# acting strange...



## trcox1 (Apr 3, 2012)

I am new to fish keeping and after reviewing several forums realize I was misinformed a good deal by the staff at Petco where I bought my fish. I bought several African Cichlids (honestly I am not sure the exact variety, I will be more careful about this in the future) but anyway one of them started behaving really strange a couple days ago. She is basically having a seizure 24/7 it looks like. She is wiggling and jerking constantly but still just swimming around like nothing is the matter, seems to be eating normally as well, not really sure what is going on, it's been like 2 days at this point.


----------



## 13razorbackfan (Sep 28, 2011)

Sounds like a shimmying fish indicating aggression or letting another fish know who is boss. Just go to youtube and type in shimmying cichlid and see what you can find. That is what it sounds like anyways. Also...since you bought at petco and likely not knowing what they are you probably just guessing bought some aggressive mbuna from the assorted tank.


----------



## trcox1 (Apr 3, 2012)

I went to you tube and searched shimmying cichlid and found a video of a fish that looked exactly like my fish (it is apparently a yellow lab) doing exactly what my fish is doing. Do you know if there is any way to make it stop doing this? It has been doing it 24/7 for 3 or 4 days now. It really likes to stay at one particular spot on a corner of the tank and do it, but about 50% of the time it's swimming around all over doing it. Also, like I said I went into this knowing nothing and assuming the people at the pet store were giving me good information, but they sold me both central american and african cichlids. I have the yellow lab mentioned, 2 peacocks and 2 central american fish I'm not really specifically sure of. I did not realize this was an issue until I started researching the shimmy issue and discovered they should not be together. That being said, they have been sharing the same tank for nearly a month now and they are not aggressive toward each other all. I am feeding them New Life Spectrum and both fish seem to love eating it and seem to have normal energy and appetite, so can I just let them keep living together or do I need to chose between them?


----------



## trcox1 (Apr 3, 2012)

Also, I forgot to thank you for your help in the first place.


----------



## 13razorbackfan (Sep 28, 2011)

trcox1 said:


> Also, I forgot to thank you for your help in the first place.


You are welcome.

It is normal for the dominant fish in the tank to do this. He is letting the other fish know who is boss. He may do it less and less as time passes and the tank mates stay the same....they sometimes come to an understand as weird as that sounds. However it is normal though and if you are not seeing any major signs of aggression you should be ok.

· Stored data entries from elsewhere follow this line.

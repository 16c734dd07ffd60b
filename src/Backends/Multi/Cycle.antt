-- ===== src/Backends/Multi/Cycle.antt =====
-- The cycle of `MultiBackend` (`_get_ordered_backends` of
-- django_smart_ratelimit/backends/multi.py): the first backend of the order.
use django_smart_ratelimit.Prelude.{
  ℕ, suc, ◌+◌, ◌-◌, ◌≤◌, ◌≡◌, refl, ap, sym, ◌∙◌, inl, inr, true, false, ◌&&◌, Option, some, List,
  [], ◌∷◌, ◌++◌, arith, text_key, nat_key, text_beq_iff, nat_beq_iff, length, length-append,
  length-drop, take, drop, List-cases, Bool-cases,
}
use django_smart_ratelimit.Backends.Multi.Order.{any_healthy, any_healthy-append}
use django_smart_ratelimit.Backends.Multi.{
  Entry, MultiBackend, is_healthy, next_backend, find_primary, index_of, rotate,
  get_ordered_backends,
}

-- What is left of the pass over the backends is the end of their list.
pub record IsCycle (m : MultiBackend) : Type 0 where
  pub passed : List Entry
  pub passed_eq : m.backends ≡ passed ++ m.backend_cycle

-- A healthy entry of a list, with what is before and after it.
record IsPick (m : MultiBackend) (es : List Entry) (found : Option Entry) : Type 0 where
  entry : Entry
  before : List Entry
  after : List Entry
  found_eq : found ≡ some entry
  well : is_healthy m entry.1 ≡ true
  split : es ≡ before ++ entry ∷ after

-- A healthy backend among the next ones is found.
find_ahead :
    (xs ys steps : List Entry) (m : MultiBackend)
    → any_healthy m xs ≡ true
    → length xs ≤ length steps
    → IsPick m xs (find_primary steps (record m { backend_cycle = xs ++ ys })).0
unfolding find_primary next_backend is_healthy
find_ahead [] ys steps m some_well long = ground arith
find_ahead (x ∷ xs) ys [] m some_well long = absurd (omega arith)
find_ahead (x ∷ xs) ys (s ∷ steps) m some_well long = elim (Bool-cases (is_healthy m x.1)) [
  | inl well ↦ record {
    entry = x;
    before = [];
    after = xs;
    found_eq = ground arith;
    well = well;
    split = refl;
  }
  | inr sick ↦
      let p = find_ahead xs ys steps m (ground arith) (omega arith) in
      record {
        entry = p.entry;
        before = x ∷ p.before;
        after = p.after;
        found_eq = ground (arith, p.found_eq);
        well = p.well;
        split = ap (λ zs. x ∷ zs) p.split;
      }
]

-- A pass over the rest of the cycle that finds nothing.
find_behind :
    (xs steps : List Entry) (m : MultiBackend)
    → any_healthy m xs ≡ false
    → length xs ≤ length steps
    → find_primary steps (record m { backend_cycle = xs })
      ≡ find_primary (drop (length xs) steps) (record m { backend_cycle = [] })
unfolding find_primary next_backend is_healthy
find_behind [] steps m sick long = refl
find_behind (x ∷ xs) [] m sick long = absurd (omega arith)
find_behind (x ∷ xs) (s ∷ steps) m sick long = ground (arith, find_behind xs steps m)

-- At the end of a pass the next one begins.
find_again :
    (s : Entry) (steps : List Entry) (m : MultiBackend)
    → find_primary (s ∷ steps) (record m { backend_cycle = [] })
      ≡ find_primary (s ∷ steps) (record m { backend_cycle = m.backends })
unfolding find_primary next_backend is_healthy
find_again s steps m = ground (arith, List-cases m.backends)

index_of-split :
    (pre post : List Entry) (e : Entry)
    → (i : ℕ) × (rest : List Entry) × (x : Entry) × (index_of e (pre ++ e ∷ post) ≡ some i)
      × (drop i (pre ++ e ∷ post) ≡ x ∷ rest)
      × (x.1 ≡ e.1)
unfolding index_of
index_of-split [] post e =
    (0, post, e, ground (arith, text_beq_iff e.0 e.0, nat_beq_iff e.1 e.1), refl, refl)
index_of-split (p ∷ pre) post e =
    elim (Bool-cases (text_key.same p.0 e.0 && nat_key.same p.1 e.1)) [
      | inl same ↦ (0, pre ++ e ∷ post, p, ground arith, refl, ground (arith, nat_beq_iff p.1 e.1))
      | inr other ↦
          let (i, rest, x, found, at, id) = index_of-split pre post e in
          (suc i, rest, x, ground (arith, found), at, id)
    ]

append_nil : (xs : List Entry) → xs ++ [] ≡ xs
append_nil [] = refl
append_nil (x ∷ xs) = ap (λ zs. x ∷ zs) (append_nil xs)

pub append_assoc : (xs ys zs : List Entry) → (xs ++ ys) ++ zs ≡ xs ++ (ys ++ zs)
append_assoc [] ys zs = refl
append_assoc (x ∷ xs) ys zs = ap (λ l. x ∷ l) (append_assoc xs ys zs)

nonempty : (m : MultiBackend) (xs : List Entry) → any_healthy m xs ≡ true → 1 ≤ length xs
nonempty m [] h = ground arith
nonempty m (x ∷ xs) h = omega arith

length-backends :
    (m : MultiBackend) (h : IsCycle m)
    → length m.backends ≡ length h.passed + length m.backend_cycle
length-backends m h = rw (h.passed_eq) (length-append h.passed m.backend_cycle)

-- A healthy backend in the rest of the pass is the primary.
ahead-IsPick :
    (m : MultiBackend)
    → IsCycle m
    → any_healthy m m.backend_cycle ≡ true
    → IsPick m m.backends (find_primary m.backends m).0
ahead-IsPick m h ahead =
    let p = find_ahead m.backend_cycle [] m.backends m ahead (omega (arith, length-backends m h)) in
    let same : find_primary m.backends (record m { backend_cycle = m.backend_cycle ++ [] })
        ≡ find_primary m.backends m =
      ap (λ zs. find_primary m.backends (record m { backend_cycle = zs }))
        (append_nil m.backend_cycle) in
    record {
      entry = p.entry;
      before = h.passed ++ p.before;
      after = p.after;
      found_eq = ap (λ r. r.0) (sym same) ∙ p.found_eq;
      well = p.well;
      split =
          h.passed_eq
          ∙ ap (λ zs. h.passed ++ zs) p.split
          ∙ sym (append_assoc h.passed p.before (p.entry ∷ p.after));
    }

-- Otherwise a healthy one that the pass has left behind is, in the next pass.
behind-IsPick :
    (m : MultiBackend) (h : IsCycle m)
    → any_healthy m m.backend_cycle ≡ false
    → any_healthy m h.passed ≡ true
    → IsPick m m.backends (find_primary m.backends m).0
behind-IsPick m h none_ahead behind =
    let left = length-drop (length m.backend_cycle) m.backends in
    let long = length-backends m h in
    elim (List-cases (drop (length m.backend_cycle) m.backends)) [
      | inl nothing_left ↦ absurd (ground (arith, left, long, nonempty m h.passed behind))
      | inr (s, steps, rest) ↦
          let len : length (s ∷ steps) ≡ length m.backends - length m.backend_cycle =
            ap (λ zs. length zs) (sym rest) ∙ left in
          let p = find_ahead h.passed m.backend_cycle (s ∷ steps) m behind (omega arith) in
          let round : find_primary m.backends m
              ≡ find_primary (s ∷ steps)
                  (record m { backend_cycle = h.passed ++ m.backend_cycle }) =
            find_behind m.backend_cycle m.backends m none_ahead (omega arith)
            ∙ ap (λ zs. find_primary zs (record m { backend_cycle = [] })) rest
            ∙ find_again s steps m
            ∙ ap (λ zs. find_primary (s ∷ steps) (record m { backend_cycle = zs })) h.passed_eq in
          record {
            entry = p.entry;
            before = p.before;
            after = p.after ++ m.backend_cycle;
            found_eq = ap (λ r. r.0) round ∙ p.found_eq;
            well = p.well;
            split =
                h.passed_eq
                ∙ ap (λ zs. zs ++ m.backend_cycle) p.split
                ∙ append_assoc p.before (p.entry ∷ p.after) m.backend_cycle;
          }
    ]

-- The primary is healthy where some backend is.
find_primary-healthy :
    (m : MultiBackend)
    → IsCycle m
    → any_healthy m m.backends ≡ true
    → IsPick m m.backends (find_primary m.backends m).0
find_primary-healthy m h some_well = elim (Bool-cases (any_healthy m m.backend_cycle)) [
  | inl ahead ↦ ahead-IsPick m h ahead
  | inr none_ahead ↦ behind-IsPick m h none_ahead (
      ground (
        arith,
        none_ahead,
        any_healthy-append m h.passed m.backend_cycle,
        ap (any_healthy m) h.passed_eq,
      ))
]

-- In the round robin the first backend of the order is healthy where some backend is.
pub first-healthy :
    (m : MultiBackend)
    → IsCycle m
    → m.round_robin ≡ true
    → any_healthy m m.backends ≡ true
    → (first : Entry) × (rest : List Entry) × ((get_ordered_backends m).0 ≡ first ∷ rest)
      × (is_healthy m first.1 ≡ true)
unfolding get_ordered_backends rotate
first-healthy m h cycle some_well =
    let p = find_primary-healthy m h some_well in
    let (i, rest, x, found, at, id) = index_of-split p.before p.after p.entry in
    let start : index_of p.entry m.backends ≡ some i = rw (p.split) found in
    let dropped : drop i m.backends ≡ x ∷ rest = rw (p.split) at in
    (x, rest ++ take i m.backends, ground (arith, p.found_eq, start, dropped), rw id p.well)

Also...what size tank are they in? Do you know the names of all the fish? If not then post pics of them all so we can determine what will and won't work.


----------



## trcox1 (Apr 3, 2012)

1 convict, 2 peacocks, 1 yellow lab, 1 unidentified central american cichlid, i can take a picture a little later.


----------



## 13razorbackfan (Sep 28, 2011)

trcox1 said:


> 1 convict, 2 peacocks, 1 yellow lab, 1 unidentified central american cichlid, i can take a picture a little later.


Yeah...I am not sure the convict will work but I do know that two especially a male and female won't for sure. Yes...please take a pic of the other SA.

Also...what size tank?


----------



## trcox1 (Apr 3, 2012)

29 gallon tank. have a 60 gallon to upgrade to at some point. heres a pic:

http://s1175.photobucket.com/albums/r62 ... ichlid.jpg


----------



## TheGreenMonster123 (Apr 3, 2012)

Looks like an orange-blotch (OB) peacock to me, i used to have one that looked really similar to it. I know many hobbyist don't believe in having them because they are a crossed-bred species, but I, like yourself was new to africans when I first got them.


----------



## 13razorbackfan (Sep 28, 2011)

TheGreenMonster123 said:


> Looks like an orange-blotch (OB) peacock to me, i used to have one that looked really similar to it. I know many hobbyist don't believe in having them because they are a crossed-bred species, but I, like yourself was new to africans when I first got them.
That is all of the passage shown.